Trail Blazers Get a Reminder of What Ben Simmons Should Be
The enigmatic Nets star looked a lot more like himself in Portland on Thursday.
The Nets are so dysfunctional for other reasons right now that the presence of Ben Simmons has been an afterthought. On Thursday, the Trail Blazers—and the NBA—got a reminder of what he's supposed to be.
First, the weird part: Simmons checked into the game with around five minutes left in the first quarter and was greeted by a loud chorus of boos. The boos picked up again the first time he touched the ball, a possession that ended in him scoring easily.
Why this crowd felt compelled to boo Simmons so strongly, I couldn't tell you. He has no history with this team, other than a year of online speculation about trades involving CJ McCollum. Maybe there are more Philadelphia transplants in Portland than I realized. Land wherever you want to on the way things ended for Simmons with the Sixers, but you'd understand that kind of reaction for him there. Here? It's tough to say what that was about.
What was even more surprising than the reaction, given how his first season in Brooklyn has gone so far, was what happened when he entered the game. For the first time since at least the 2021 playoffs and maybe longer, he looked like Ben Simmons, the former No. 1 overall pick, a uniquely impactful defender and playmaker. And the Nets team around him looked like the kind of group best suited to utilize his skillset and cover up his weaknesses.
Simmons fouled out late in the fourth quarter, but he finished with 15 points on a perfect 6-for-6 shooting, all at the rim, along with 13 rebounds, seven assists, a block and only one turnover. Maybe Portland will be ground zero for Simmons getting his groove back. As an NBA fan, it would be nice to have that bizarre saga in the rear-view mirror.

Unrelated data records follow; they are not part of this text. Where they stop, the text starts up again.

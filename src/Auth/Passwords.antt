-- ===== src/Auth/Passwords.antt =====
-- The password policy and the hashing of passwords and backup codes
-- (services/auth-service/app/services/password_service.py). The salt that the hasher draws is an
-- argument.
use backend_platform.Prelude.{ℕ, Bool, not, ◌&&◌, ◌||◌, any, length, ltb, leb}
use backend_platform.Prelude.Text.{Text}
use backend_platform.Auth.Errors.{Result, ok, bad_request, ◌>>◌, refuse_if}
use backend_platform.Auth.Providers.{Providers}

-- [A-Za-z]
abbrev pub is_letter : ℕ → Bool
is_letter c = leb 65 c && leb c 90 || leb 97 c && leb c 122

-- \d
abbrev pub is_digit : ℕ → Bool
is_digit c = leb 48 c && leb c 57

unfoldable pub validate_password_policy : Text → Result (Unit {0})
validate_password_policy password = do
  refuse_if (ltb (length password) 8) bad_request
  refuse_if (not (any is_letter password)) bad_request
  refuse_if (not (any is_digit password)) bad_request
  ok tt

unfoldable pub hash_password : Providers → Text → Text → Result Text
hash_password p salt password = do
  validate_password_policy password
  ok (p.argon2_hash salt password)

-- `verify_password` and `verify_backup_code`: a mismatch is an answer.
unfoldable pub verify_password : Providers → Text → Text → Bool
verify_password p password password_hash = p.argon2_verify password_hash password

"People have been giving him a hard time, but he's capable of having those types of games," Damian Lillard said. "He can have that type of impact. Tonight, he came out in the first half and went 4-for-4, he was feeling good about himself. When you let a guy feel good about himself, he can have that kind of game, especially a talented player. If you let him start believing and get comfortable, he can make it tough for you."
All night, Simmons bothered Lillard and kept him from getting to his spots. Lillard continued to pick his spots as a playmaker on an off shooting night, but shot just 8-for-24 from the field and 3-of-12 from three-point range.

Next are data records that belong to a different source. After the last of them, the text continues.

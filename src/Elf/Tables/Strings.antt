-- ===== src/Elf/Tables/Strings.antt =====
-- `struct ElfStringSection` of src/elfwriter.cpp: what it appends, and where its names stand.
use Prim.Native.Nat.{max}
use bigassm.Prelude.{
  ℕ, ◌+◌, ◌≤◌, ◌≡◌, ◌≢◌, inl, inr, refl, ap, sym, false, some, none, [], ◌∷◌, ◌++◌, Bytes, length,
  length-append, le→leb, if◌then◌else◌, Map, find, update, emplace, find-update, bytes_eq,
  bytes_eq_iff, bytes_eq_refl, bytes_eq→eq, Bool-cases, Option-cases, arith,
}
use bigassm.Types.{ok}
use bigassm.Elf.Fields.{append_assoc, append-nil}
use bigassm.Elf.Format.{zero_shdr}
use bigassm.Elf.Vector.{Vector, access}
use bigassm.Elf.Tables.{StringSection, append_null, new_string_section, add, add_all}

-- The vector with bytes appended, and that it stays where it is when `n` bytes are.
abbrev pub extend : Vector → Bytes → Vector
extend v bytes = record v { body = v.body ++ bytes }

abbrev pub Fits : Vector → ℕ → Type 0
Fits v n = v.head + (length v.body + n) ≤ max 262144 v.head

pub extend-extend : (v : Vector) (a b : Bytes) → extend (extend v a) b ≡ extend v (a ++ b)
extend-extend v a b = ap (λ (t : Bytes). record v { body = t }) (append_assoc v.body a b)

pub access-runs : (v : Vector) (n : ℕ) → Fits v n → access v ≡ ok (tt, v)
access-runs v n h = rw (le→leb (v.head + length v.body) (max 262144 v.head) (omega arith)) refl

pub access-extend :
    (v : Vector) (bytes : Bytes)
    → Fits v (length bytes)
    → access (extend v bytes) ≡ ok (tt, extend v bytes)
access-extend v bytes h = access-runs (extend v bytes) 0 (omega (arith, length-append v.body bytes))

-- Room for two pieces is room for the first, and then for the second.
pub Fits-first : (v : Vector) (a b : Bytes) → Fits v (length (a ++ b)) → Fits v (length a)
Fits-first v a b h = omega (arith, length-append a b)

pub Fits-second :
    (v : Vector) (a b : Bytes) → Fits v (length (a ++ b)) → Fits (extend v a) (length b)
Fits-second v a b h = omega (arith, length-append a b, length-append v.body a)

abbrev pub terminated : Bytes → Bytes
terminated str = str ++ 0 ∷ []

abbrev pub with_name : Bytes → StringSection → StringSection
with_name str s = record s {
  shdr = record s.shdr { sh_size = s.shdr.sh_size + (length str + 1) };
  namelist = update str (λ _. s.offset) (emplace str s.offset s.namelist);
  offset = s.offset + (length str + 1);
}

pub add-runs :
    (str : Bytes) (s : StringSection) (v : Vector)
    → Fits v (length (terminated str))
    → add str s v ≡ ok ((s.offset, with_name str s), extend v (terminated str))
unfolding add
add-runs str s v h = rw (access-extend v (terminated str) h) refl

module _ {ℓ} {V : Type ℓ} where
  abbrev pub string_bytes : Map V → Bytes
  string_bytes [] = []
  string_bytes ((name, x) ∷ names) = terminated name ++ string_bytes names

  abbrev pub with_names : Map V → StringSection → StringSection
  with_names [] s = s
  with_names ((name, x) ∷ names) s = with_names names (with_name name s)

  pub add_all-runs :
      (names : Map V) (s : StringSection) (v : Vector)
      → Fits v (length (string_bytes names))
      → add_all names s v ≡ ok (with_names names s, extend v (string_bytes names))
  unfolding add_all
  add_all-runs [] s v h =
      ap (λ (t : Bytes). ok (s, record v { body = t })) (sym (append-nil v.body))
  add_all-runs ((name, x) ∷ names) s v h =
      rw
        (
          add-runs name s v (Fits-first v (terminated name) (string_bytes names) h),
          add_all-runs names (with_name name s) (extend v (terminated name))
              (Fits-second v (terminated name) (string_bytes names) h),
          append_assoc v.body (terminated name) (string_bytes names),
        )
        refl

abbrev pub empty_strings : ℕ → ℕ → StringSection
empty_strings idx offset = record {
  shdr = record zero_shdr {
    sh_type = 3;
    sh_entsize = 1;
    sh_offset = offset;
    sh_size = 1;
    sh_addralign = 1;
  };
  namelist = [];
  shindex = idx;
  offset = 1;
}

pub new_string_section-runs :
    (idx : ℕ) (v : Vector)
    → Fits v 1
    → new_string_section idx v ≡ ok (empty_strings idx (v.head + length v.body), extend v (0 ∷ []))
unfolding new_string_section append_null
new_string_section-runs idx v h = rw (access-runs v 1 h, access-extend v (0 ∷ []) h) refl

module _ {ℓ} {V : Type ℓ} (k : Bytes) (v : V) where
  find-emplace_other :
      (j : Bytes) (m : Map V) → bytes_eq k j ≡ false → find j (emplace k v m) ≡ find j m
  unfolding find emplace
  find-emplace_other j [] h = rw h refl
  find-emplace_other j ((i, w) ∷ m) h = ground (arith, bytes_eq_iff i k, find-emplace_other j m h)

  find-emplace_known : (m : Map V) → find k (emplace k v m) ≢ none
  unfolding find emplace
  find-emplace_known [] e = ground (arith, bytes_eq_refl k)
  find-emplace_known ((i, w) ∷ m) e = ground (arith, bytes_eq_refl k, find-emplace_known m)

-- `namelist[k] = v`
pub find-assign {ℓ} :
    {V : Type ℓ} (k j : Bytes) (v : V) (m : Map V)
    → find j (update k (λ _. v) (emplace k v m)) ≡ (if bytes_eq k j then some v else find j m)
find-assign k j v m = elim (Option-cases (find k (emplace k v m))) [
  | inl e ↦ absurd (find-emplace_known k v m e)
  | inr (w, e) ↦ elim (Bool-cases (bytes_eq k j)) [
    | inl same ↦
        rw
          (sym (bytes_eq→eq k j same), find-update k k (λ _. v) (emplace k v m), bytes_eq_refl k, e)
          refl
    | inr other ↦
        rw (find-update k j (λ _. v) (emplace k v m), other, find-emplace_other k v j m other) refl
  ]
]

Chauncey Billups got so frustrated with this newly effective version of Simmons that he deployed the Hack-a-Ben strategy on two straight possessions in the fourth quarter (Simmons made them pay by making three of the four free-throws).
"I felt like one, we wanted to break their rhythm, and two, Ben was struggling from the free-throw line," Billups said after the game when I asked him about it. "If it wasn't him, it was gonna be [Nic] Claxton. I was really upset at halftime, because going into the game, they had two guys that were shooting poorly from the free-throw line getting their way around the basket. Claxton was 4-for-5 in the first half, Ben Simmons was 4-for-4. And they weren't shooting jumpers. So how does that happen? We've got to be locked in and make them earn it. We did a better job in the second half, but by then, they were in a pretty decent rhythm."
The Blazers on Thursday shot 38.7 percent from the field, were outrebounded 47-37, outscored in the paint and in transition and got a combined 18-for-57 shooting performance from Lillard, Anfernee Simons and Jerami Grant—and still had a chance to tie or take the lead with less than a second remaining on a lob play that didn't work out. It's the kind of ugly game that they won against the Spurs on Tuesday, but the Spurs don't have Kevin Durant.
They play again in Brooklyn in just over a week. By then, Kyrie Irving will presumably be back. Who knows what that will do to the all-important vibes, but the Blazers are glad they're not in that position.
"They're going through a lot," Billups said before the game. "They're always going through a lot. It makes me thankful for our team, to be honest with you."